Between 2005 and 2010 the number of calories consumed each day decreased five percent among working-age adults, the study reported.
Fat consumption also decreased, while fiber consumption increased, it added, based on a survey of nearly 10,000 adults.
Spending on food prepared outside the home—whether at restaurants, via to-go food or other means—decreased 13 percent.
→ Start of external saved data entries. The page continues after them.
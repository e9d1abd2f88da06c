-- ===== src/Engine/Pool/Scenarios.antt =====
-- A pipeline of depth 8 that breaks once, and two connections that take up a budget.
use nzbd.Prelude.{ℕ, ◌*◌, ◌≤◌, ◌≡◌, refl, max, true, List, [], ◌∷◌, All, In, length}
use nzbd.Prelude.Maps.{Distinct}
use nzbd.Engine.Pool.{
  DepthEvent, completed, broke, new_depth, get, on_events, Connection, new_tracker, is_ready,
  acknowledge,
}
use nzbd.Engine.Pool.Depth.{articles, regains_ceiling}
use nzbd.Engine.Pool.Budget.{acknowledge_all, ready_when_taken_up}

abbrev bad_day : List DepthEvent
bad_day = completed 16 ∷ broke ∷ completed 3 ∷ broke ∷ []

one_deep : get (on_events bad_day (new_depth 8)) ≡ 1
unfolding on_events new_depth
one_deep = refl

regains_ceiling_example :
    get (on_events (articles (4 * max 8 1 * max 8 1)) (on_events bad_day (new_depth 8))) ≡ max 8 1
regains_ceiling_example = regains_ceiling 8 bad_day

-- The second connection acknowledges twice, and an older generation once.
abbrev acks : List (ℕ × Connection)
acks = (4, (1, 1)) ∷ (5, (1, 0)) ∷ (5, (1, 1)) ∷ (5, (1, 1)) ∷ []

taken_up : is_ready 5 (acknowledge_all acks (new_tracker 2)) ≡ true
unfolding is_ready acknowledge_all acknowledge
taken_up = refl

ready_when_taken_up_example :
    (l : List Connection) × Distinct l
    × All (λ c. In {A = ℕ × Connection} (5, c) acks) l
    × (2 ≤ length l)
ready_when_taken_up_example = ready_when_taken_up 2 5 acks taken_up
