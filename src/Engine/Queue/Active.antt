-- ===== src/Engine/Queue/Active.antt =====
-- crates/nzbd-engine/src/queue.rs: which jobs make up the active set.
use nzbd.Prelude.{
  ℕ, zero, suc, ◌≤◌, ◌≡◌, ◌⊎◌, inl, inr, sym, subst, Bool, true, false, List, [], ◌∷◌, arith, In,
  All-of_In, length, take, select-In, In-select,
}
use nzbd.Prelude.Int.{ℤ}
use nzbd.Prelude.Sort.{
  stable_sort-In, In-stable_sort, Sorted, stable_sort-Sorted, take-In, length-take-le,
}
use nzbd.Types.Job.{JobId, Job}
use nzbd.Engine.Queue.Eligible.{
  MayDownload, is_eligible-MayDownload, MayDownload-is_eligible, NoLater, ranks_before-NoLater,
}
use nzbd.Engine.Queue.{
  QueueState, PostFetch, clamp_active_downloads, is_eligible, ranks_before, active_jobs,
}

ranks_before_trans :
    (now : ℤ) (a b c : Job)
    → ranks_before now a b ≡ true
    → ranks_before now b c ≡ true
    → ranks_before now a c ≡ true
unfolding ranks_before
ranks_before_trans now a b c h k = ground arith

ranks_before_total :
    (now : ℤ) (a b : Job) → ranks_before now a b ≡ false → ranks_before now b a ≡ true
unfolding ranks_before
ranks_before_total now a b h = ground arith

module _ {A : Type 0} (before : A → A → Bool) where
  -- In a sorted list, what a cut leaves out comes after what it keeps.
  cut_off :
      (n : ℕ) (xs : List A) (a b : A)
      → Sorted before xs
      → In a (take n xs)
      → In b xs
      → In b (take n xs) ⊎ (before a b ≡ true)
  cut_off zero xs a b s m k = elim m [ ]
  cut_off (suc n) [] a b s m k = elim m [ ]
  cut_off (suc n) (x ∷ xs) a b s m (inl e) = inl (inl e)
  cut_off (suc n) (x ∷ xs) a b s (inl e) (inr k) =
      inr (subst (λ z. before z b ≡ true) (sym e) (All-of_In _ xs s.0 b k))
  cut_off (suc n) (x ∷ xs) a b s (inr m) (inr k) = elim (cut_off n xs a b s.1 m k) [
    | inl i ↦ inl (inr i)
    | inr t ↦ inr t
  ]

module _ (state : QueueState) (delegated : List JobId) (post_fetch_files : PostFetch)
    (regular_downloads soft_hold : Bool) (now : ℤ) where
  -- An active job is a job of the queue and passes every filter.
  pub active_jobs-eligible :
      (j : Job)
      → In j (active_jobs state delegated post_fetch_files regular_downloads soft_hold now)
      → In j state.jobs
        × (is_eligible state delegated post_fetch_files regular_downloads soft_hold now j ≡ true)
  unfolding active_jobs
  active_jobs-eligible j m =
      select-In _ state.jobs j (stable_sort-In (ranks_before now) _ j (take-In _ _ j m))

  -- The active set holds no more jobs than configured, clamped, and so at most 100; each of its jobs
  -- runs on this node or is fetched for a repair, is schedulable and has work to hand out; and a job of
  -- the queue of which that is true and which is left out ranks no earlier than any active one: it is a
  -- stalled retry and the other is not, or both are or neither is, and its priority is no higher.
  pub active_set_best :
      (a j : Job)
      → In a (active_jobs state delegated post_fetch_files regular_downloads soft_hold now)
      → In j state.jobs
      → MayDownload state delegated post_fetch_files regular_downloads soft_hold now j
      → (length (active_jobs state delegated post_fetch_files regular_downloads soft_hold now)
          ≤ clamp_active_downloads state.max_active_downloads)
        × (clamp_active_downloads state.max_active_downloads ≤ 100)
        × MayDownload state delegated post_fetch_files regular_downloads soft_hold now a
        × (In j (active_jobs state delegated post_fetch_files regular_downloads soft_hold now)
            ⊎ NoLater now a j)
  unfolding active_jobs clamp_active_downloads
  active_set_best a j m k may =
      let e =
        MayDownload-is_eligible state delegated post_fetch_files regular_downloads soft_hold now j
          may in
      (
        length-take-le _ _,
        omega arith,
        is_eligible-MayDownload state delegated post_fetch_files regular_downloads soft_hold now a
            (active_jobs-eligible a m).1,
        elim (cut_off (ranks_before now) _ _ a j
            (stable_sort-Sorted (ranks_before now) (ranks_before_trans now) (ranks_before_total now)
              _)
            m (In-stable_sort (ranks_before now) _ j (In-select _ state.jobs j k e))) [
              | inl q ↦ inl q
              | inr q ↦ inr (ranks_before-NoLater now a j q)
            ],
      )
Fast food accounted for roughly 40 percent of prepared meals.
In 2010, Americans consumed around 30 percent of their calories from meals prepared outside the home, compared with 35 percent in 2005. And the number of meals eaten at home increased from 5.8 a week to 6.29.
These reductions "accounted for 20 percent of the improvements in diet quality," the study said.
The number of meals from outside the home began to slowly climb in 2010, the study authors noted, but they said consumers were more mindful of the food's quality.
Overall, there were "encouraging findings" that "more Americans are paying attention on nutrition facts and prioritizing nutrition in the household," said Kevin Concannon, USDA under secretary for food, nutrition and consumer services.
More than one in three adults, or 78 million Americans, is obese.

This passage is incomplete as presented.